R-word: No excuses but if you’re sorry make your apology count

By Catia Malaquias

Another high profile Australian sportsperson, this time an AFL footballer Heath Shaw, resorts to the “R-word” to describe another person in a disparaging way.  Again, captured on mass reach TV media. Although, predictably, some seek to defend the indefensible as “political correctness gone wrong”, an apology soon followed extended to anyone else who took offence to my comments”.

Who is this “anyone else”?

Does it include my son? A seven year-old boy with Down syndrome, an intellectual disability.

Does it include me as his mother?

My son is not yet able to articulate why this word hurts people with Down syndrome and other intellectual disabilities, but John Franklin Stephens, an adult with Down syndrome, put it this way for the Huffington Post:

“… THE R-WORD HURTS. You don’t have to aim the word directly at me to hurt me and millions of others like me who live with an intellectual disability. Every time a person uses the r-word, no matter who it is aimed at, it says to those who hear it that it is okay to use it.  That’s how a slur becomes more and more common.  That’s how people like me get to hear it over and over, even when you think we aren’t listening.

So, why am I hurt when I hear ‘retard’. … At best, it is used as another way of saying ‘stupid’ or ‘loser’.  At worst, it is aimed directly at me as a way to label me as an outcast – a thing, not a person. I am not stupid. I am not a loser. I am not a thing. I am a person.

It hurts me to think that people assume that I am less than a whole person. That is what is so awful about slurs. They are intended to make their target seem smaller, less of a person. People who live with an intellectual disability do not have an easy life. We have to fight to understand what the rest of you take for granted. We fight for education. We fight to live among the rest of you. We struggle to make friends. We often are ignored, even when we have something to say. We fight so hard to be seen as whole people. It hurts so much after all that struggle, to hear you casually use a term that means you assume we are less than whole.”

Why aren’t the apologies squarely directed at the specific group in our society that is offended and hurt by the R-word – people with intellectual disabilities? Why do we not recognise that each person with an intellectual disability and those around them are personally offended by the use of the R-word – why do we pretend or hope that the use of the R-word will not cause offense beyond the immediate target – but if it does – then we apologise – to that limited and contingent extent?

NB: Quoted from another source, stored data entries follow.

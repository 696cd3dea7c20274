-- ===== src/Promotion.antt =====
-- The difference of two registries and the request for a promotion (promotion.py).
pub mod Simulation
pub mod Evidence
pub mod Delta
pub mod Eligible
pub mod Issued
mod Tests
use autonomy_harbor.Base.{
  ◌>>◌, ◌>>=◌, keep, mem_text, String, Bool, true, false, not, ◌&&◌, ◌||◌, Option, none, some, List,
  [], ◌∷◌, Result, ok, if◌then◌else◌, sorted_set, ◌==◌, mem_text, reject_if, is_blank,
}
use autonomy_harbor.Json.{Json, bool, str, arr, obj, Items, Fields, fields, strs, put, json_eq}
use autonomy_harbor.Platform.{Platform, sha256_hex}
use autonomy_harbor.Models.{CapabilityGrant, CapabilityRegistry, is_empty}
use autonomy_harbor.Registry.{grant_view, grant_views, sorted_grants}

abbrev or_first : Option Fields → String → CapabilityGrant → Option Fields
or_first (some v) grant_id g = some v
or_first none grant_id g = if g.grant_id == grant_id then some (grant_view g) else none

-- `{g.grant_id: _grant_view(g) for g in grants}.get(grant_id)`: of the grants with one id, the last
unfoldable pub view_by_id : String → List CapabilityGrant → Option Fields
view_by_id grant_id [] = none
view_by_id grant_id (g ∷ gs) = or_first (view_by_id grant_id gs) grant_id g

abbrev pub grant_ids : List CapabilityGrant → List String
grant_ids [] = []
grant_ids (g ∷ gs) = g.grant_id ∷ grant_ids gs

abbrev views_differ : Option Fields → Option Fields → Bool
views_differ none new = false
views_differ (some old) none = false
views_differ (some old) (some new) = not (json_eq (obj old) (obj new))

-- `k in old and k in new and old[k] != new[k]`
abbrev pub is_changed : List CapabilityGrant → List CapabilityGrant → String → Bool
is_changed old new grant_id = views_differ (view_by_id grant_id old) (view_by_id grant_id new)

pub record CapabilityDelta : Type 0 where
  pub added : List String
  pub removed : List String
  pub changed : List String
  pub digest : String

abbrev pub is_any : List String → Bool
is_any ts = not (is_empty ts)

abbrev pub has_authority_change : CapabilityDelta → Bool
has_authority_change delta = is_any delta.added || is_any delta.removed || is_any delta.changed

abbrev pub has_possible_authority_expansion : CapabilityDelta → Bool
has_possible_authority_expansion delta = is_any delta.added || is_any delta.changed

unfoldable pub delta_dict : CapabilityDelta → Fields
delta_dict delta = fields (
    ("added", arr (strs delta.added))
    ∷ ("removed", arr (strs delta.removed))
    ∷ ("changed", arr (strs delta.changed))
    ∷ ("digest", str delta.digest)
    ∷ ("has_authority_change", bool (has_authority_change delta))
    ∷ ("has_possible_authority_expansion", bool (has_possible_authority_expansion delta))
    ∷ [])

-- `PromotionRequest`
pub record PromotionRequest : Type 0 where
  pub promotion_id : String
  pub app_id : String
  pub baseline_registry_digest : String
  pub proposed_registry_digest : String
  pub capability_delta : CapabilityDelta
  pub required_domains : List String
  pub requested_by : String
  pub target_stage : String

-- `PromotionRequest.__post_init__`
unfoldable pub make_promotion_request : PromotionRequest → Result PromotionRequest
make_promotion_request request = do
  reject_if (is_blank request.promotion_id) "promotion_id_is_required"
  reject_if (is_blank request.app_id) "app_id_is_required"
  reject_if (not (is_any request.required_domains)) "required_domains_must_not_be_empty"
  ok (record request { required_domains = sorted_set request.required_domains })

-- `as_dict(include_digest=False)`
unfoldable pub promotion_view : PromotionRequest → Fields
promotion_view request = fields (
    ("promotion_id", str request.promotion_id)
    ∷ ("app_id", str request.app_id)
    ∷ ("baseline_registry_digest", str request.baseline_registry_digest)
    ∷ ("proposed_registry_digest", str request.proposed_registry_digest)
    ∷ ("capability_delta", obj (delta_dict request.capability_delta))
    ∷ ("required_domains", arr (strs request.required_domains))
    ∷ ("requested_by", str request.requested_by)
    ∷ ("target_stage", str request.target_stage)
    ∷ ("authority_effect", str "NONE")
    ∷ [])

module _ ⦃p : Platform⦄ where
  unfoldable pub registry_digest : CapabilityRegistry → String
  registry_digest registry = sha256_hex (
      obj (
        fields (
          ("registry_id", str registry.registry_id)
          ∷ ("version", str registry.version)
          ∷ ("grants", arr (grant_views (sorted_grants registry)))
          ∷ [])))

  unfoldable pub delta_digest :
      CapabilityRegistry → CapabilityRegistry → List String → List String → List String → String
  delta_digest baseline proposed added removed changed = sha256_hex (
      obj (
        fields (
          ("baseline", str (registry_digest baseline))
          ∷ ("proposed", str (registry_digest proposed))
          ∷ ("added", arr (strs added))
          ∷ ("removed", arr (strs removed))
          ∷ ("changed", arr (strs changed))
          ∷ [])))

  unfoldable pub diff_registries : CapabilityRegistry → CapabilityRegistry → CapabilityDelta
  diff_registries baseline proposed =
      let old = grant_ids baseline.grants in
      let new = grant_ids proposed.grants in
      let added = sorted_set (keep (λ (k : String). not (mem_text k old)) new) in
      let removed = sorted_set (keep (λ (k : String). not (mem_text k new)) old) in
      let changed = sorted_set (keep (is_changed baseline.grants proposed.grants) old) in
      record {
        added = added;
        removed = removed;
        changed = changed;
        digest = delta_digest baseline proposed added removed changed;
      }

  unfoldable pub promotion_request_digest : PromotionRequest → String
  promotion_request_digest request = sha256_hex (obj (promotion_view request))

  -- `PromotionRequest.as_dict`
  unfoldable pub promotion_dict : PromotionRequest → Fields
  promotion_dict request =
      put "request_digest" (str (promotion_request_digest request)) (promotion_view request)

  unfoldable pub build_promotion_request :
      String
      → CapabilityRegistry
      → CapabilityRegistry
      → String
      → String
      → List String
      → String
      → Result PromotionRequest
  build_promotion_request promotion_id baseline proposed requested_by app_id domains target_stage =
      make_promotion_request (record {
        promotion_id = promotion_id;
        app_id = app_id;
        baseline_registry_digest = registry_digest baseline;
        proposed_registry_digest = registry_digest proposed;
        capability_delta = diff_registries baseline proposed;
        required_domains = domains;
        requested_by = requested_by;
        target_stage = target_stage;
      })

These “sorry if anyone was offended” apologies serve to attribute offense to the discretionary value-systems of individuals in society – rather than to the indefensible words.  They suggest to the offended, people with intellectual disability and those around them, that the actor still doesn’t understand why the use of the R-word is so offensive.

If someone who should know better described elite AFL footballers on mainstream TV as “f … R …s” would the AFL accept a “sorry to the extent anyone was offended” apology?

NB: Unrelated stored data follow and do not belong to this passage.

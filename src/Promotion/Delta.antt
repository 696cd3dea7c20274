-- ===== src/Promotion/Delta.antt =====
-- What the difference of two registries says of them.
use autonomy_harbor.Base.{
  ◌≡◌, ◌↔◌, ◌∙◌, refl, String, Bool, true, false, not, ◌&&◌, Option, none, some, List, [], ◌∷◌,
  arith, keep, mem_text, mem-sorted_set, eq_iff, eq_refl, is_some,
}
use autonomy_harbor.Json.{obj, Fields, json_eq}
use autonomy_harbor.Platform.{Platform}
use autonomy_harbor.Models.{CapabilityGrant, CapabilityRegistry}
use autonomy_harbor.Promotion.{
  view_by_id, grant_ids, is_changed, is_any, has_possible_authority_expansion, diff_registries,
}

mem-keep :
    (test : String → Bool) (k : String) (ts : List String)
    → mem_text k (keep test ts) ≡ (mem_text k ts && test k)
mem-keep test k [] = refl
mem-keep test k (t ∷ ts) = ground (arith, mem-keep test k ts, eq_iff k t)

is_some-view_by_id :
    (k : String) (gs : List CapabilityGrant) → is_some (view_by_id k gs) ≡ mem_text k (grant_ids gs)
unfolding view_by_id
is_some-view_by_id k [] = refl
is_some-view_by_id k (g ∷ gs) =
    ground (arith, is_some-view_by_id k gs, eq_iff k g.grant_id, eq_iff g.grant_id k)

is_changed_known :
    (old new : List CapabilityGrant) (k : String)
    → (mem_text k (grant_ids old) && is_changed old new k) ≡ is_changed old new k
is_changed_known old new k = ground (arith, is_some-view_by_id k old)

module _ ⦃p : Platform⦄ (baseline proposed : CapabilityRegistry) where
  -- An id is listed as added exactly when only the proposed registry has a grant with it, as removed
  -- exactly when only the baseline has, and as changed exactly when both have and the last grants
  -- with it differ as data.
  pub diff_registries-lists :
      (k : String)
      → let delta = diff_registries baseline proposed in
        let old = mem_text k (grant_ids baseline.grants) in
        let new = mem_text k (grant_ids proposed.grants) in
        (mem_text k delta.added ≡ (new && not old))
        × (mem_text k delta.removed ≡ (old && not new))
        × (mem_text k delta.changed ≡ is_changed baseline.grants proposed.grants k)
  unfolding diff_registries
  diff_registries-lists k =
      let old = grant_ids baseline.grants in
      let new = grant_ids proposed.grants in
      let is_new : String → Bool = λ (t : String). not (mem_text t old) in
      let is_gone : String → Bool = λ (t : String). not (mem_text t new) in
      let differs = is_changed baseline.grants proposed.grants in
      (
        mem-sorted_set k (keep is_new new) ∙ mem-keep is_new k new,
        mem-sorted_set k (keep is_gone old) ∙ mem-keep is_gone k old,
        mem-sorted_set k (keep differs old)
            ∙ mem-keep differs k old
            ∙ is_changed_known baseline.grants proposed.grants k,
      )

  mem-is_any : (ts : List String) → is_any ts ≡ false → (k : String) → mem_text k ts ≡ false
  mem-is_any [] h k = refl
  mem-is_any (t ∷ ts) h k = absurd (ground arith)

  is_any-mem : (ts : List String) → ((k : String) → mem_text k ts ≡ false) → is_any ts ≡ false
  is_any-mem [] h = refl
  is_any-mem (t ∷ ts) h = let first = h t in absurd (ground (arith, first, eq_refl t))

  -- every grant of the proposed registry that its id stands for is one of the baseline, as data
  abbrev pub IsContained : Type 0
  IsContained =
      (k : String) (new : Fields)
      → view_by_id k proposed.grants ≡ some new
      → (old : Fields) × (view_by_id k baseline.grants ≡ some old)
        × (json_eq (obj old) (obj new) ≡ true)

  contained_at :
      (k : String) (new : Fields) (old : Option Fields)
      → has_possible_authority_expansion (diff_registries baseline proposed) ≡ false
      → view_by_id k proposed.grants ≡ some new
      → view_by_id k baseline.grants ≡ old
      → (v : Fields) × (view_by_id k baseline.grants ≡ some v) × (json_eq (obj v) (obj new) ≡ true)
  contained_at k new none h found known = absurd (
      ground (
        arith,
        mem-is_any (diff_registries baseline proposed).added (ground arith) k,
        diff_registries-lists k,
        is_some-view_by_id k proposed.grants,
        is_some-view_by_id k baseline.grants,
      ))
  contained_at k new (some old) h found known = (
    old,
    known,
    ground (
      arith,
      mem-is_any (diff_registries baseline proposed).changed (ground arith) k,
      diff_registries-lists k,
    ),
  )

  unlisted_at :
      (k : String) (new : Option Fields)
      → IsContained
      → view_by_id k proposed.grants ≡ new
      → (mem_text k (diff_registries baseline proposed).added ≡ false)
        × (mem_text k (diff_registries baseline proposed).changed ≡ false)
  unlisted_at k none contained found =
      ground (arith, diff_registries-lists k, is_some-view_by_id k proposed.grants)
  unlisted_at k (some new) contained found =
      let (old, known, same) = contained k new found in
      ground (arith, diff_registries-lists k, is_some-view_by_id k baseline.grants, known, same)

  contained_of_unexpanded :
      has_possible_authority_expansion (diff_registries baseline proposed) ≡ false → IsContained
  contained_of_unexpanded h k new found =
      contained_at k new (view_by_id k baseline.grants) h found refl

  unexpanded_of_contained :
      IsContained → has_possible_authority_expansion (diff_registries baseline proposed) ≡ false
  unexpanded_of_contained contained = ground (
    arith,
    is_any-mem (diff_registries baseline proposed).added
        (λ (k : String). (unlisted_at k (view_by_id k proposed.grants) contained refl).0),
    is_any-mem (diff_registries baseline proposed).changed
        (λ (k : String). (unlisted_at k (view_by_id k proposed.grants) contained refl).1),
  )

  -- The difference shows no possible expansion of authority exactly when, for every id in the proposed
  -- registry, the last grant with it is, as data, the last grant of the baseline with that id.
  pub has_possible_authority_expansion_iff :
      (has_possible_authority_expansion (diff_registries baseline proposed) ≡ false) ↔ IsContained
  has_possible_authority_expansion_iff = (contained_of_unexpanded, unexpanded_of_contained)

In this case, the footballer’s apology was perhaps better than most – it was prompt and went on to recognise its general offensiveness:

“There is no place for comments of that nature on or off the football ground. It was an offensive remark that I should never have made and for that I apologise.”

My point is that apologies for the use of the R-word must be directly aimed at the specific group in society that is most hurt – that shows an understanding of why the term is offensive and assists in educating the broader community.

We have some way to go.  This year’s Down Syndrome Day social media campaign was directed at changing cultural attitudes to the euphemism “special needs” because the way we talk about disability matters.  But the R-word isn’t a euphemism – as John Franklin Stephen says, it is a slur aimed a minority group and in Australia we still have work to do to stamp out the R-word and make many in our community understand why its use is not acceptable, no qualifications no excuses.